The question as to whether artificial rubber, as made in Germany during the war, could be competitive with natural rubber in quality and in price, has partly been answered by the fact that interest ceased when rubber prices became normal. Since that time noticeable progress has been made, both in quality and yield. To obtain effective competition, further study in the manner of polymerization is necessary, raw material has to be cheap to be available or to have the possibility of producing artificial rubber in unlimited amounts. Although no exact figures for world consumption of rubber per year are available, 300,000 tons is probably not far from right. Not many raw materials could be bought in such large quantities without raising the price. The capital needed for a rubber plant producing 3000 tons, or less than 1 per cent of the world’s consumption, would be 10 to 15 million dollars, to which the plant necessary for the raw material (acetone) would have to be added. As has been stated, the polymeriaation required several months, so the working capital, too, had to be relatively large. Possibilities

An advantage of organic synthesis is that a large number of products may be obtained by similar methods. It is, therefore, possible to choose products possessing certain properties in a very high degree.
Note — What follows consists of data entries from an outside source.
-- ===== src/Domain.antt =====
-- internal/domain/domain.go: the connector's own data, which every other package passes around.
-- A Go type over `string` with named constants is a data type with a constructor for each
-- constant and one more for any other text that the code can meet.
mod Float
mod Percent
mod Names
mod Records
pub mod Validate
mod Lifecycle
unfoldable pub use Float.*
unfoldable pub use Percent.{percent}
pub use Percent.{is_fraction, percent-is_fraction}
unfoldable pub use Names.*
pub use Records.*
unfoldable pub use Validate.*
unfoldable pub use Lifecycle.*
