-- ===== src/Provider.antt =====
-- internal/provider/provider.go: what a provider adapter hands over.
use smart_eyes.Base.{String}
use smart_eyes.Domain.{HazardEvent}

-- The device id of the event is empty until the device is resolved.
pub record NormalizedEvent : Type 0 where
  pub external_device_id : String
  pub event : HazardEvent
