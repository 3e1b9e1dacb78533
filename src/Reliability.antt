-- ===== src/Reliability.antt =====
-- internal/reliability/retry.go: the retry loop and its backoff. The operation, the context, the
-- timer and the random source are arguments, over any state that they share.
pub mod Backoff
pub mod Calls
pub mod Script
pub mod Success
use smart_eyes.Base.{ℕ, zero, suc, ◌-◌, Option, none, some, Bool, ◌||◌, if◌then◌else◌}
use smart_eyes.Base.Int.{ℤ, pos, pos_part, ltb_ℤ, leb_ℤ, shift_left, increment}
use smart_eyes.Errors.{Err, wrap, is_permanent, errors_is, canceled, deadline_exceeded}

-- durations are int64 nanoseconds
pub record Policy : Type 0 where
  pub attempts : ℤ
  pub base : ℤ
  pub max : ℤ

unfoldable pub default_policy : Policy
default_policy = record { attempts = pos 5; base = pos 200000000; max = pos 5000000000 }

-- `Base << attempt`, capped; a shift that overflows to zero or below counts as too large
unfoldable pub ceiling : Policy → ℕ → ℤ
ceiling p attempt =
    let shifted = shift_left p.base attempt in
    if ltb_ℤ p.max shifted || leb_ℤ shifted (pos 0) then p.max else shifted

-- the argument of `rand.N(ceil + 1)`; none when it is not positive, at which `rand.N` panics
unfoldable pub draw_bound : Policy → ℕ → Option ℕ
unfolding ceiling
draw_bound p attempt =
    let n = increment (ceiling p attempt) in if leb_ℤ n (pos 0) then none else some (pos_part n)

pub data Outcome : Type 0 where
  done : Outcome
  gave : Err → Outcome
  panicked : Outcome

-- an error that is returned at once
abbrev pub is_final : Err → Bool
is_final e = is_permanent e || errors_is canceled e || errors_is deadline_exceeded e

-- `if p.Attempts < 1 { p.Attempts = 1 }`
abbrev pub tries : Policy → ℕ
tries p = if ltb_ℤ p.attempts (pos 1) then 1 else pos_part p.attempts

-- `op` runs the operation, `ctx_err` is `ctx.Err()`, `draw n` is `rand.N` with bound n, and
-- `sleep d` waits for the timer or the context, and says which error the context had if it was
-- the context.
pub record World (S : Type 0) : Type 0 where
  pub op : S → Option Err × S
  pub ctx_err : S → Option Err
  pub draw : ℕ → S → ℕ × S
  pub sleep : ℕ → S → Option Err × S

module _ {S : Type 0} (w : World S) (p : Policy) where
  unfoldable pub give_up : Err → S → Outcome × S
  give_up last s = (gave (wrap "giving up" last), s)

  unfoldable pub after_sleep : (S → Outcome × S) → Option Err → S → Outcome × S
  after_sleep next none s = next s
  after_sleep next (some e) s = (gave e, s)

  -- the `select` at the end of a round
  unfoldable pub pause : ℕ → (S → Outcome × S) → Err → S → Outcome × S
  unfolding after_sleep
  pause attempt next last s = elim (draw_bound p attempt) [
    | none ↦ (panicked, s)
    | some n ↦ let (d, s1) = w.draw n s in let (r, s2) = w.sleep d s1 in after_sleep next r s2
  ]

  unfoldable pub after_op : (Err → S → Outcome × S) → Option Err → S → Outcome × S
  after_op retry none s = (done, s)
  after_op retry (some e) s = if is_final e then (gave e, s) else retry e s

  -- one round of the loop; `retry` is what follows an error that may be transient
  unfoldable pub round : (Err → S → Outcome × S) → S → Outcome × S
  unfolding after_op
  round retry s = elim (w.ctx_err s) [
    | some e ↦ (gave e, s)
    | none ↦ let (r, s') = w.op s in after_op retry r s'
  ]

  -- the rounds from `attempt` on, of which `left` follow this one
  unfoldable pub rounds : ℕ → ℕ → S → Outcome × S
  rounds zero attempt = round give_up
  rounds (suc left) attempt = round (pause attempt (rounds left (suc attempt)))

  unfoldable pub do_op : S → Outcome × S
  do_op = rounds (tries p - 1) 0
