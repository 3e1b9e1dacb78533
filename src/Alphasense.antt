-- ===== src/Alphasense.antt =====
-- internal/provider/alphasense/alphasense.go: the adapter of a provider that is polled and takes
-- commands. The transport, the token manager, the decoder and the formats are parameters.
pub mod Client
pub mod Normal
pub mod Answers
pub mod Decoded
use Prim.Native.String.{◌++◌ as append}
use smart_eyes.Base.{
  ℕ, String, Option, none, some, List, [], ◌∷◌, Bool, true, false, ◌&&◌, ◌||◌, ◌==◌, str_eq, ltb,
  leb, if◌then◌else◌,
}
use smart_eyes.Errors.{Result, ok, err, Err, plain, wrap, permanent}
use smart_eyes.Domain.{
  Time, zero_time, Float64, float_zero, float_lt, percent, fire, smoke, HazardType, alphasense,
  online, offline, status_unknown, DeviceStatus, Device, HazardEvent, CommandType, get_status,
  start_monitoring, stop_monitoring, update_config, other_command, CommandState, failed, delivered,
  Command,
}
use smart_eyes.Provider.{NormalizedEvent}
use smart_eyes.Reliability.{World, Outcome, done, gave, panicked, do_op, default_policy}

pub record WireUnit : Type 0 where
  pub unit_ref : String
  pub label : String
  pub health : String
  pub last_ping : String
  pub firmware : String

pub record WireAlert : Type 0 where
  pub alert_id : String
  pub unit_ref : String
  pub category : String
  pub score : Float64
  pub raised_at : String
  pub confirmed_at : String

-- `time.Parse(time.RFC3339, s)`, the query of a time, `url.PathEscape`,
-- `strings.TrimSpace(s) == ""`, the JSON of an instruction with its parameters and reference, and
-- the decoders of the two answers.
pub record Formats : Type 0 where
  pub parse_time : String → Result Time
  pub since_query : Time → String
  pub path_escape : String → String
  pub is_blank : String → Bool
  pub instruction_json : String → String → String → String
  pub units_json : List ℕ → Result (List WireUnit)
  pub alerts_json : List ℕ → Result (List WireAlert)

-- 100.0
abbrev pub float_hundred : Float64
float_hundred = 0x4059000000000000

abbrev pub health_status : String → DeviceStatus
health_status h =
    if str_eq h "green" || str_eq h "amber"
    then online
    else if str_eq h "red"
    then offline
    else status_unknown

abbrev pub time_or : Time → Result Time → Time
time_or t (ok u) = u
time_or t (err x) = t

abbrev pub last_seen : Formats → String → Time
last_seen f ping = if str_eq ping "" then zero_time else time_or zero_time (f.parse_time ping)

unfoldable pub normalize_unit : Formats → WireUnit → Time → Result Device
normalize_unit f u now =
    if str_eq u.unit_ref ""
    then err (plain "unit missing unit_ref")
    else ok (record {
      id = "";
      external_id = u.unit_ref;
      provider = alphasense;
      name = u.label;
      status = health_status u.health;
      app_version = u.firmware;
      last_seen_at = last_seen f u.last_ping;
      created_at = zero_time;
      updated_at = now;
    })

abbrev pub alert_event : Formats → WireAlert → Time → HazardType → Time → NormalizedEvent
alert_event f a received typ confirmed = record {
  external_device_id = a.unit_ref;
  event = record {
    id = "";
    dedup_key = a.alert_id;
    device_id = "";
    source = alphasense;
    hazard_type = typ;
    confidence = percent a.score;
    first_seen_at = time_or confirmed (f.parse_time a.raised_at);
    confirmed_at = confirmed;
    received_at = received;
  };
}

unfoldable pub finish_alert :
    Formats → WireAlert → Time → HazardType → Result Time → Result NormalizedEvent
finish_alert f a received typ (err x) = err (wrap "bad confirmed_at" x)
finish_alert f a received typ (ok confirmed) = ok (alert_event f a received typ confirmed)

-- the alert once its category is known
unfoldable pub typed_alert : Formats → WireAlert → Time → HazardType → Result NormalizedEvent
unfolding finish_alert
typed_alert f a received typ =
    if str_eq a.alert_id "" || str_eq a.unit_ref ""
    then err (plain "alert missing alert_id/unit_ref")
    else if float_lt a.score float_zero || float_lt float_hundred a.score
    then err (plain "alert score outside [0,100]")
    else finish_alert f a received typ (f.parse_time a.confirmed_at)

unfoldable pub normalize_alert : Formats → WireAlert → Time → Result NormalizedEvent
unfolding typed_alert
normalize_alert f a received =
    if str_eq a.category "fire"
    then typed_alert f a received fire
    else if str_eq a.category "smoke"
    then typed_alert f a received smoke
    else err (plain "unknown alert category")

-- a malformed unit is skipped
abbrev pub keep_device : Result Device → List Device → List Device
keep_device (ok d) ds = d ∷ ds
keep_device (err x) ds = ds

unfoldable pub devices_of : Formats → Time → List WireUnit → List Device
devices_of f now [] = []
devices_of f now (u ∷ us) = keep_device (normalize_unit f u now) (devices_of f now us)

-- the events, and the first error among the alerts
abbrev pub keep_event :
    Result NormalizedEvent → List NormalizedEvent × Option Err → List NormalizedEvent × Option Err
keep_event (ok e) (es, x) = (e ∷ es, x)
keep_event (err x) (es, y) = (es, some x)

unfoldable pub events_of : Formats → Time → List WireAlert → List NormalizedEvent × Option Err
events_of f received [] = ([], none)
events_of f received (a ∷ later) =
    keep_event (normalize_alert f a received) (events_of f received later)

pub record Call : Type 0 where
  pub method : String
  pub path : String
  pub body : String

pub record Reply : Type 0 where
  pub status : ℕ
  pub content : List ℕ

-- The token manager, building a request, the exchange of one request, and what the retry loop
-- waits on.
pub record Transport (S : Type 0) : Type 0 where
  pub access_token : S → Result String × S
  pub invalidate : S → S
  pub request_error : Call → Option Err
  pub exchange : Call → String → S → Result Reply × S
  pub ctx_err : S → Option Err
  pub draw : ℕ → S → ℕ × S
  pub sleep : ℕ → S → Option Err × S

-- the variables that `do` shares with its operation
pub record Trip (S A : Type 0) : Type 0 where
  pub refreshed : Bool
  pub out : Option A
  pub outer : S

module _ {S A : Type 0} (tr : Transport S) (call : Call) (json : List ℕ → Result A) where
  unfoldable pub decoded : Result A → Trip S A → Option Err × Trip S A
  decoded (ok a) t = (none, record t { out = some a })
  decoded (err x) t = (some (permanent (wrap "alphasense malformed response" x)), t)

  unfoldable pub judge_401 : Trip S A → Option Err × Trip S A
  judge_401 t =
      if t.refreshed
      then (some (permanent (plain "alphasense rejected fresh token (401)")), t)
      else (
        some (plain "alphasense 401, retrying with fresh token"),
        record t { refreshed = true; outer = tr.invalidate t.outer },
      )

  -- the switch on the status
  unfoldable pub judge : Reply → Trip S A → Option Err × Trip S A
  unfolding decoded judge_401
  judge r t =
      if leb 200 r.status && ltb r.status 300
      then decoded (json r.content) t
      else if r.status == 401
      then judge_401 t
      else if r.status == 429 || leb 500 r.status
      then (some (plain "alphasense status"), t)
      else (some (permanent (plain "alphasense status")), t)

  unfoldable pub after_exchange : Result Reply → Trip S A → Option Err × Trip S A
  unfolding judge
  after_exchange (err x) t = (some (wrap "alphasense" x), t)
  after_exchange (ok r) t = judge r t

  unfoldable pub send_with : String → Option Err → Trip S A → Option Err × Trip S A
  unfolding after_exchange
  send_with token (some x) t = (some (permanent x), t)
  send_with token none t =
      let (r, s) = tr.exchange call token t.outer in after_exchange r (record t { outer = s })

  unfoldable pub after_token : Result String → Trip S A → Option Err × Trip S A
  unfolding send_with
  after_token (err x) t = (some (wrap "alphasense auth" x), t)
  after_token (ok token) t = send_with token (tr.request_error call) t

  -- the operation that `do` retries
  unfoldable pub attempt : Trip S A → Option Err × Trip S A
  unfolding after_token
  attempt t = let (r, s) = tr.access_token t.outer in after_token r (record t { outer = s })

  unfoldable pub trip_world : World (Trip S A)
  unfolding attempt
  trip_world = record {
    op = attempt;
    ctx_err = λ t. tr.ctx_err t.outer;
    draw = λ n t. let (d, s) = tr.draw n t.outer in (d, record t { outer = s });
    sleep = λ d t. let (r, s) = tr.sleep d t.outer in (r, record t { outer = s });
  }

  -- what the caller of `do` holds afterwards; without an answer the variable keeps its zero value
  abbrev pub held : A → Outcome × Trip S A → Result A × S
  held zero_value (done, t) = (ok (elim t.out [ some a ↦ a | none ↦ zero_value ]), t.outer)
  held zero_value (gave x, t) = (err x, t.outer)
  held zero_value (panicked, t) = (err (plain "panic: invalid argument to N"), t.outer)

  unfoldable pub do_request : A → S → Result A × S
  unfolding trip_world
  do_request zero_value s =
      held zero_value
        (do_op trip_world default_policy (record { refreshed = false; out = none; outer = s }))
At the beginning of the dyestuff industry the main purpose was not to replace the natural dyestuffs, but to find uses for certain new products, surpassing the known dyestuffs in shade, brightness, affinity to the cotton fiber, etc. A small production of high-priced products permitted further investigation, improvements in the manufacture of raw materials, and later the practically complete replacement of natural dyestuffs by synthetic products. In our case it would be necessary to study all the products capable of polymerization and work out carefully the conditions of polymerization, to study further the best conditions for vulcanization, and to try to find the best utilization for products with special qualities. If, in this way, application for certain high grades of synthetic rubber could be found, it could serve as a basis for manufacture, which would mean more research and new discoveries. Much has been done already. Experiments without number have been made and checked, both for polymerization and vulcanization. It is, however, only a start and more work must be done. Many problems have already been solved by technical chemistry and many laboratory syntheses have become technical reactions. Certainly synthetic rubber will replace natural rubber for special uses, and the writer hopes that some time in the future it will replace it practically entirely, not only with products of equal but of better qualities. Doubtless later on we will know not only one “rubber” but a series of different rubbers appropriate for the various technical uses.